The conclusion is not “lists are useless.” It’s that they’re the wrong layer to put your trust in, and Cursor has effectively said so by replacing them. Use the allowlist (outside the sandbox) to cut friction and express intent — to let known-safe commands run without a prompt. Do not reach for a denylist entry as the thing standing between the agent and an irreversible action: the feature is deprecated, and even when present it never held. The thing that actually contains a running command is the sandbox. The lists are superseded; the sandbox is load-bearing. When in doubt, believe the sandbox.

When you need real isolation: Cloud Agents

Sometimes the right answer isn’t tuning the local controls at all — it’s not running on your machine in the first place. Cursor’s Cloud Agents (formerly Background Agents) operate in isolated VMs in the cloud with full development environments instead of on your local machine: the agent clones budgetcli onto a fresh branch, does its work, and pushes results back. Because nothing executes on your laptop, the local-machine threat model — your credentials, your other repos, your filesystem — simply doesn’t apply. The environment is configured from .cursor/environment.json (a Dockerfile is supported), so the box is reproducible the same way every run.

This is the cleanest way to give an agent a long leash safely: the isolation is the boundary of a VM, not a pattern in a deprecated list. We pick Cloud Agents back up in the CLI chapter, where running headless and unattended makes that built-in isolation matter most — when nobody’s at the keyboard to answer a prompt, you want the agent in a box by construction.

(Reference: the canonical docs live at cursor.com/docs/background-agent, which serves the current Cloud Agents content.)

Set it by reflex

The shape to carry out of this chapter:

Pick the mode for the work.

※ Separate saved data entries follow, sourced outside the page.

-- ===== src/Hls/Segments/Serve.antt =====
-- hls.rs, `push_segment` and `segment`: what a viewer gets after a push.
use sentinel_command.Prelude.{
  ℕ, ◌≤◌, ◌≡◌, sym, ap, subst, ◌∙◌, true, false, Option, none, some, length, arith, if◌then◌else◌,
  ◌≢◌,
}
use sentinel_command.Prelude.Int.{ℤ, leb_ℤ}
use sentinel_command.Interfaces.{◌==◌, ==-refl}
use sentinel_command.Text.{Text, text_eq, text_beq_iff}
use sentinel_command.Assoc.{Assoc, total}
use sentinel_command.Assoc
use sentinel_command.Assoc.Laws as AssocLaws
use sentinel_command.OrdMap
use sentinel_command.OrdMap.Laws as OrdLaws
use sentinel_command.Hls.SegmentName.{SegmentName, segment_order}
use sentinel_command.Hls.Segments.{
  Bytes, Segment, Bucket, SegmentStore, or_default, insert_segment, push_segment,
  evict_global_oldest, segment,
}
use sentinel_command.Hls.Segments.Invariant.{IsConsistent, evict_fitting, or_default-Sorted}

abbrev body_of : Option Segment → Option Bytes
body_of none = none
body_of (some s) = some s.0

segment_lem :
    (store : SegmentStore) (camera_id : Text) (filename : SegmentName)
    → segment store camera_id filename
      ≡ body_of (OrdMap.get segment_order filename (or_default (Assoc.get camera_id store.cameras)))
unfolding segment
segment_lem store camera_id filename = ground arith

module _ (store : SegmentStore) (camera_id : Text) (filename : SegmentName) (body : Bytes)
    (now : ℕ) where
  abbrev old_bucket : Bucket
  old_bucket = or_default (Assoc.get camera_id store.cameras)

  abbrev new_bucket : Bucket
  new_bucket = OrdMap.insert segment_order filename (body, now) old_bucket

  bucket-insert_segment :
      (k : Text)
      → or_default (Assoc.get k (insert_segment store camera_id filename body now).cameras)
        ≡ (if camera_id == k then new_bucket else or_default (Assoc.get k store.cameras))
  unfolding insert_segment
  bucket-insert_segment k =
      ground (arith, AssocLaws.get-insert camera_id k new_bucket store.cameras)

  segment-insert_self :
      segment (insert_segment store camera_id filename body now) camera_id filename ≡ some body
  segment-insert_self =
      segment_lem _ camera_id filename
      ∙ ap (λ (b : Bucket). body_of (OrdMap.get segment_order filename b))
          (◌∙◌ {c = new_bucket} (bucket-insert_segment camera_id) (rw (==-refl camera_id)))
      ∙ ap body_of (OrdLaws.get-insert_self segment_order filename (body, now) old_bucket)

  segment-insert_name :
      (f : SegmentName)
      → IsConsistent store
      → filename ≢ f
      → segment (insert_segment store camera_id filename body now) camera_id f
        ≡ segment store camera_id f
  segment-insert_name f v ne =
      segment_lem _ camera_id f
      ∙ ap (λ (b : Bucket). body_of (OrdMap.get segment_order f b))
          (◌∙◌ {c = new_bucket} (bucket-insert_segment camera_id) (rw (==-refl camera_id)))
      ∙ ap body_of (
          OrdLaws.get-insert_ne segment_order filename f (body, now) old_bucket
            (or_default-Sorted camera_id store.cameras v.sorted) ne)
      ∙ sym (segment_lem store camera_id f)

  segment-insert_camera :
      (k : Text) (f : SegmentName)
      → (camera_id == k) ≡ false
      → segment (insert_segment store camera_id filename body now) k f ≡ segment store k f
  segment-insert_camera k f h =
      segment_lem _ k f
      ∙ ap (λ (b : Bucket). body_of (OrdMap.get segment_order f b))
          (◌∙◌ {c = or_default (Assoc.get k store.cameras)} (bucket-insert_segment k) (rw h))
      ∙ sym (segment_lem store k f)

  -- Room for one more segment of the camera and for the bytes of the body.
  push_fitting :
      (max_per_camera : ℕ) (max_total_bytes : ℤ)
      → length new_bucket ≤ max_per_camera
      → leb_ℤ (insert_segment store camera_id filename body now).byte_total max_total_bytes ≡ true
      → (push_segment store camera_id filename body max_per_camera max_total_bytes now).0
        ≡ insert_segment store camera_id filename body now
  unfolding push_segment evict_global_oldest
  push_fitting max_per_camera max_total_bytes short small =
      let inserted = insert_segment store camera_id filename body now in
      rw
        (evict_fitting inserted camera_id max_per_camera (
          subst (λ (b : Bucket). length b ≤ max_per_camera)
            (sym (◌∙◌ {c = new_bucket} (bucket-insert_segment camera_id) (rw (==-refl camera_id))))
            short))
        (rw small)

  -- A push that stays under both caps serves the body from then on, and every other segment, of
  -- this camera and of others, as before.
  pub segment-push_segment :
      (max_per_camera : ℕ) (max_total_bytes : ℤ)
      → IsConsistent store
      → length new_bucket ≤ max_per_camera
      → leb_ℤ (insert_segment store camera_id filename body now).byte_total max_total_bytes ≡ true
      → let pushed =
          (push_segment store camera_id filename body max_per_camera max_total_bytes now).0 in
        (segment pushed camera_id filename ≡ some body)
        × ((f : SegmentName)
            → filename ≢ f
            → segment pushed camera_id f ≡ segment store camera_id f)
        × ((k : Text) (f : SegmentName) → camera_id ≢ k → segment pushed k f ≡ segment store k f)
  segment-push_segment max_per_camera max_total_bytes v short small =
      let same = push_fitting max_per_camera max_total_bytes short small in
      (
        ap (λ (s : SegmentStore). segment s camera_id filename) same ∙ segment-insert_self,
        λ f ne. ap (λ (s : SegmentStore). segment s camera_id f) same ∙ segment-insert_name f v ne,
        λ k f ne.
            ap (λ (s : SegmentStore). segment s k f) same
            ∙ segment-insert_camera k f (ground (arith, text_beq_iff camera_id k)),
      )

Unfamiliar code or real stakes → Auto-review (the default) or plain Allowlist for a known-safe command set. Repetitive, supervised grind where you want the loop to run unattended → Allowlist (with Sandbox). Run Everything stays in the disposable-environment box, not on your real machine.
Lean on the sandbox, not the lists. The Agent Sandbox is the wall that actually holds — on macOS directly, on Linux given the kernel prerequisites, on Windows via WSL2. The allowlist is superseded by the sandbox when sandboxing is on, and the denylist is deprecated. Treat lists as friction-reduction and intent, never as your last line of defense.
When you need a real guarantee, change where the agent runs — a Cloud Agent in an isolated VM — rather than trying to harden the local lists into something they aren’t.

Get the ordering right — sandbox load-bearing, lists superseded — and the rest is muscle memory: loose on the mode where the work is tedious and watched, tight on reach because the wall, not the model, is what’s keeping the agent in its lane.